# ARIENS PLATINUM 30 SHO



## foranger (Sep 19, 2018)

Can some owners of this model give there reviews of this snowblower?? Positives and negatives? There some old dude on you tube saying its junk and a piece of crap from a few years ago!!!! Seems hard to believe to me ......thanx forum members.....


----------



## Zavie (Sep 23, 2014)

That goofball video! He eventually got a 46" or a 50" tractor mounted snowblower. He claims his old Ariens, (that one we never get to see though is soooooo much better than his new Ariens. He has videos of everything from home canning to leaf vacuum mods. But somehow his old timey trusted Ariens videos are nowhere to be found. Hocus pocus stuff.


----------



## Mountain Man (Oct 14, 2018)

I use a Platinum 30 at work, and my neighbor has one. Both have been reliable. The 414cc engine is very powerful. Extra power is great when you deal with wet snow, or rain on top of snow, which we geta lot of in Connecticut. 

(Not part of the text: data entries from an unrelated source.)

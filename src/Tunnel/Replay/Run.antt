-- ===== src/Tunnel/Replay/Run.antt =====
-- Whole histories of the replay window: what a sequence of `accept` calls lets through.
use sangtachi.Prelude.{
  ℕ, ◌+◌, ◌-◌, ◌*◌, ◌^◌, ◌≤◌, ◌<◌, ◌≡◌, refl, ap, inl, inr, true, false, List, [], ◌∷◌,
  if◌then◌else◌, arith, Bool-cases, length, All,
}
use sangtachi.Protocol.{replay_window}
use sangtachi.Prelude.Bits.{bit-zero}
use sangtachi.Tunnel.Replay.{
  ReplayDecision, accepted, decision_eq, ReplayWindow, check, write_decision, commit, accept, reset,
}
use sangtachi.Tunnel.Replay.Tracking.{Tracks, mem, accept_refused}
use sangtachi.Tunnel.Replay.Accept.{accept-Tracks, accept-fst}

-- The positions accepted so far, newest first, and the window after the packets `seqs`.
unfoldable pub feed : ReplayWindow → List ℕ → List ℕ → List ℕ × ReplayWindow
feed w ps [] = (ps, w)
feed w ps (seq ∷ seqs) =
    feed (accept w seq).1 (if accepted (accept w seq).0 then (accept w seq).0.pkt_pos ∷ ps else ps)
      seqs

-- No position twice.
abbrev pub IsUnique : List ℕ → Type 0
IsUnique [] = Unit {0}
IsUnique (p ∷ ps) = (mem p ps ≡ false) × IsUnique ps

abbrev pub first_window : ℕ → ReplayWindow
first_window seq = record {
  highest = seq;
  position = replay_window;
  seen_bits = 0;
  initialized = true;
}

-- The first packet starts the window, whatever its number.
pub accept_first :
    (w : ReplayWindow) (seq : ℕ)
    → w.initialized ≡ false
    → (accepted (accept w seq).0 ≡ true)
      × ((accept w seq).0.pkt_pos ≡ replay_window)
      × ((accept w seq).1 ≡ first_window seq)
unfolding accept commit check write_decision decision_eq accepted
accept_first w seq i = ground arith

pub first_window-Tracks :
    (seq : ℕ) → seq < 0x1_0000_0000 → Tracks (first_window seq) (replay_window ∷ [])
first_window-Tracks seq h = record {
  started = refl;
  word = h;
  bits_word = omega arith;
  room = omega arith;
  fits = omega arith;
  above = λ p q. ground arith;
  top = refl;
  marks = λ b p q. ground (arith, bit-zero (b - 1));
}

module _ (w : ReplayWindow) (ps : List ℕ) (seq : ℕ) (seqs : List ℕ) where
  pub feed-taken :
      accepted (accept w seq).0 ≡ true
      → feed w ps (seq ∷ seqs) ≡ feed (accept w seq).1 ((accept w seq).0.pkt_pos ∷ ps) seqs
  unfolding feed
  feed-taken h = rw h

  pub feed-refused : accepted (accept w seq).0 ≡ false → feed w ps (seq ∷ seqs) ≡ feed w ps seqs
  unfolding feed
  feed-refused h = rw h (
      ap (λ (r : ReplayDecision × ReplayWindow). feed r.1 ps seqs)
        (accept_refused w seq (rw accept-fst at h)))

abbrev pub Words : List ℕ → Type 0
Words = All λ s. s < 0x1_0000_0000

feed-IsUnique :
    (seqs : List ℕ) (w : ReplayWindow) (ps : List ℕ)
    → Tracks w ps
    → IsUnique ps
    → Words seqs
    → w.position + length seqs * 0x8000_0000 ≤ 2 ^ 64
    → IsUnique (feed w ps seqs).0
feed-IsUnique [] w ps t u s room = unfold feed in u
feed-IsUnique (seq ∷ seqs) w ps t u s room = elim (Bool-cases (accepted (accept w seq).0)) [
  | inl h ↦
      let k = accept-Tracks w ps seq t s.0 (omega arith) h in
      rw (feed-taken w ps seq seqs h, IsUnique)
        (feed-IsUnique seqs (accept w seq).1 _ k.1 (k.0, u) s.1 (omega (arith, k.2)))
  | inr h ↦
      rw (feed-refused w ps seq seqs h, IsUnique) (feed-IsUnique seqs w ps t u s.1 (omega arith))
]

-- From a reset window, whatever fewer than 2^32 packets arrive and in whatever order, no two of
-- them are accepted at the same extended position.
pub feed-reset-IsUnique :
    (w : ReplayWindow) (seqs : List ℕ)
    → All (λ s. s < 0x1_0000_0000) seqs
    → length seqs < 0x1_0000_0000
    → IsUnique (feed (reset w) [] seqs).0
feed-reset-IsUnique w [] s room = unfold feed in tt
feed-reset-IsUnique w (seq ∷ seqs) s room =
    let (a, p, e) = accept_first (reset w) seq (unfold reset in refl) in
    rw (feed-taken (reset w) [] seq seqs a, IsUnique)
      (rw (p, e)
        (feed-IsUnique seqs (first_window seq) (replay_window ∷ []) (first_window-Tracks seq s.0)
          (refl, tt) s.1 (omega arith)))
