-- ===== src/Tunnel/Replay/Replayed.antt =====
-- A packet that comes twice in a row, in any history of the window.
use sangtachi.Prelude.{
  ℕ, ◌+◌, ◌*◌, ◌^◌, ◌≤◌, ◌<◌, ◌≡◌, refl, sym, subst, inl, inr, true, false, List, [], ◌∷◌, arith,
  Bool-cases, length, All,
}
use sangtachi.Tunnel.Replay.{ReplayVerdict, ReplayWindow, accepted, check, accept, reset}
use sangtachi.Tunnel.Replay.Tracking.{Tracks}
use sangtachi.Tunnel.Replay.Accept.{accept-Tracks, check_highest, check-accept_replayed}
use sangtachi.Tunnel.Replay.Run.{
  feed, first_window, first_window-Tracks, accept_first, feed-taken, feed-refused, Words,
}

-- The window tracks what was accepted, and its position has at most grown by 2^31 a packet.
abbrev IsTracked : ℕ → List ℕ × ReplayWindow → Type 0
IsTracked limit r = Tracks r.1 r.0 × (r.1.position ≤ limit)

feed-IsTracked :
    (seqs : List ℕ) (w : ReplayWindow) (ps : List ℕ) (limit : ℕ)
    → Tracks w ps
    → Words seqs
    → w.position + length seqs * 0x8000_0000 ≤ limit
    → limit ≤ 2 ^ 64
    → IsTracked limit (feed w ps seqs)
feed-IsTracked [] w ps limit t s room top = unfold feed in (t, omega arith)
feed-IsTracked (seq ∷ seqs) w ps limit t s room top =
    elim (Bool-cases (accepted (accept w seq).0)) [
      | inl h ↦
          let k = accept-Tracks w ps seq t s.0 (omega arith) h in
          subst (IsTracked limit) (sym (feed-taken w ps seq seqs h))
            (feed-IsTracked seqs (accept w seq).1 _ limit k.1 s.1 (omega (arith, k.2)) top)
      | inr h ↦
          subst (IsTracked limit) (sym (feed-refused w ps seq seqs h))
            (feed-IsTracked seqs w ps limit t s.1 (omega arith) top)
    ]

first_replayed :
    (w : ReplayWindow) (seq : ℕ)
    → w.initialized ≡ false
    → (check (accept w seq).1 seq).verdict ≡ ReplayVerdict.duplicate
first_replayed w seq i =
    subst (λ (v : ReplayWindow). (check v seq).verdict ≡ ReplayVerdict.duplicate)
      (sym (accept_first w seq i).2) (check_highest (first_window seq) refl)

-- In any history of fewer than 2^32 packets from a reset window, a packet that is accepted, the first
-- one included, is a duplicate when it comes once more right away.
pub accept_replayed :
    (w : ReplayWindow) (seqs : List ℕ) (seq : ℕ)
    → All (λ s. s < 0x1_0000_0000) seqs
    → seq < 0x1_0000_0000
    → length seqs + 1 < 0x1_0000_0000
    → accepted (accept (feed (reset w) [] seqs).1 seq).0 ≡ true
    → (check (accept (feed (reset w) [] seqs).1 seq).1 seq).verdict ≡ ReplayVerdict.duplicate
accept_replayed w [] seq s l room h = unfold feed reset in first_replayed (reset w) seq refl
accept_replayed w (first ∷ seqs) seq s l room h =
    let begun = accept_first (reset w) first (unfold reset in refl) in
    let limit = 64 + length seqs * 0x8000_0000 in
    let taken = feed-taken (reset w) [] first seqs begun.0 in
    let IsDone = λ (r : List ℕ × ReplayWindow).
      accepted (accept r.1 seq).0 ≡ true
      → (check (accept r.1 seq).1 seq).verdict ≡ ReplayVerdict.duplicate in
    let tracked : IsTracked limit
        (feed (accept (reset w) first).1 ((accept (reset w) first).0.pkt_pos ∷ []) seqs) =
      rw (begun.1, begun.2)
        (feed-IsTracked seqs (first_window first) (64 ∷ []) limit (first_window-Tracks first s.0)
          s.1 (omega arith) (omega arith)) in
    let r = feed (accept (reset w) first).1 ((accept (reset w) first).0.pkt_pos ∷ []) seqs in
    subst IsDone (sym taken)
      (λ a. check-accept_replayed r.1 r.0 seq tracked.0 l (omega (arith, tracked.1)) a) h
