-- ===== src/Tunnel/Replay/Examples.antt =====
-- Tests of the replay window, and its theorems at concrete packets.
use sangtachi.Prelude.{◌^◌, ◌≡◌, refl, true, [], ◌∷◌, arith}
use sangtachi.Protocol.{replay_window}
use sangtachi.Tunnel.Replay.{
  ReplayVerdict, ReplayDecision, is_newer, accepted, decision_eq, fresh, check, write_decision,
  commit, accept, reset,
}
use sangtachi.Tunnel.Replay.Tracking.{Tracks, check_behind, verdict_behind}
use sangtachi.Tunnel.Replay.Accept.{Taken, accept-Tracks}
use sangtachi.Tunnel.Replay.Replayed.{accept_replayed}
use sangtachi.Tunnel.Replay.Run.{
  feed, IsUnique, first_window, first_window-Tracks, feed-reset-IsUnique,
}

newer_wraps : is_newer 3 0xffff_fffe ≡ true
unfolding is_newer
newer_wraps = refl

history : (feed fresh [] (10 ∷ 12 ∷ 11 ∷ 12 ∷ 11 ∷ 200 ∷ 12 ∷ [])).0 ≡ 254 ∷ 65 ∷ 66 ∷ 64 ∷ []
unfolding feed accept commit check accepted decision_eq write_decision
history = refl

edge_of_window : (accept (first_window 10) 74).1.seen_bits ≡ 2 ^ 63
unfolding accept commit check accepted decision_eq write_decision
edge_of_window = refl

abbrev started : Tracks (first_window 10) (replay_window ∷ [])
started = first_window-Tracks 10 (omega arith)

feed-reset-IsUnique_example : IsUnique (feed (reset (first_window 10)) [] (5 ∷ 7 ∷ 6 ∷ 5 ∷ [])).0
feed-reset-IsUnique_example =
    feed-reset-IsUnique (first_window 10) (5 ∷ 7 ∷ 6 ∷ 5 ∷ []) (omega arith) (omega arith)

accept-Tracks_example :
    Taken
      (first_window 10)
      (replay_window ∷ [])
      (accept (first_window 10) 7).0
      (accept (first_window 10) 7).1
unfolding accept commit check accepted decision_eq write_decision
accept-Tracks_example =
    accept-Tracks (first_window 10) (replay_window ∷ []) 7 started (omega arith) (omega arith) refl

check_behind_example :
    (check (first_window 10) 7).verdict ≡ verdict_behind 64 (replay_window ∷ []) 3
check_behind_example = check_behind (first_window 10) (replay_window ∷ []) 7 3 started (omega arith)

-- A packet that comes late.
accept_replayed_example :
    (check (accept (feed (reset (first_window 10)) [] (5 ∷ 9 ∷ [])).1 7).1 7).verdict
    ≡ ReplayVerdict.duplicate
unfolding feed reset accept commit check accepted decision_eq write_decision
accept_replayed_example =
    accept_replayed (first_window 10) (5 ∷ 9 ∷ []) 7 (ground arith) (omega arith) (omega arith) refl

abbrev stale : ReplayDecision
stale = record { verdict = ReplayVerdict.advance; seq = 10; distance = 3; pkt_pos = 67 }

I did a overhaul on a Platinum 30 2 years ago. ( story and pictures here, 








Platinum 30 overhaul


This is my employers machine. They have a different blower at each difernet location. So I offered to pre season it. Lol Bought late 2013, and shall we say rode hard and put away wet? Lol. MY 2003 Pro is well used, but not like this. So she got some TLC and asome parts. Lots of pics cor...




www.snowblowerforum.com





About 5-6 years of hard use with little maintenance, needed belts and a friction disc. And this is run HARD, and put away wet. At times its snowblows out a 20 space parking lot. It's still very solid and totally reliable.


----------



## Town (Jan 31, 2015)

My Platinum 30 SHO does not have the problems that i remember noted in that video. Ariens did have a problem in early 2000's with another model where water was getting on the drive plate causing the friction drive problems. But this was soon fixed by a metal plate on the front of the chassis ahead of the engine to divert water and is on my machine. The Platinum has never had this problem. The engine is amazingly powerful, easy starting usually first time even in very cold weather with the primer. The auger drive uses matched dual belts and never slips and lasts a long time with easy adjustments. The friction drive uses a softer rubber to give unstoppable drive, but is wears faster than the hard rubber ones that have lesser traction. The chute operation is lightning fast compared to electric and manual screw drives and is very rugged and stands up to bumps on railings very well. The stock tires are winter versions with significant tread blocks so the machine has great traction on snow and ice (much more traction than I have with winter boots). Augers are rugged and I have never broken a shear pin, although I change them every few years. Cast iron auger gearbox is very rugged and the gears are all steel so no sacrificial parts to replace. The chassis and bucket are very strong so when you get into an old icy snowbank there is no shaking or distortion of the structure, it just carves its way until both tires spin. Auto-Turn works perfectly with the plastic Ariens skid shoes that last and last. The Auto-Turn keeps both wheels turning in a straight line, but allow easy turning accompanied by clicks as the differential adjusts itself to the smooth turn while maintaining traction. The machine throws snow (wet and dry and water) a good distance with the complicated design and fit of the 14" impeller. The engine heater box works great so no icing problems on very cold and snowy days while my old Tecumseh 11 hp did suffer icing in cold snowy weather. 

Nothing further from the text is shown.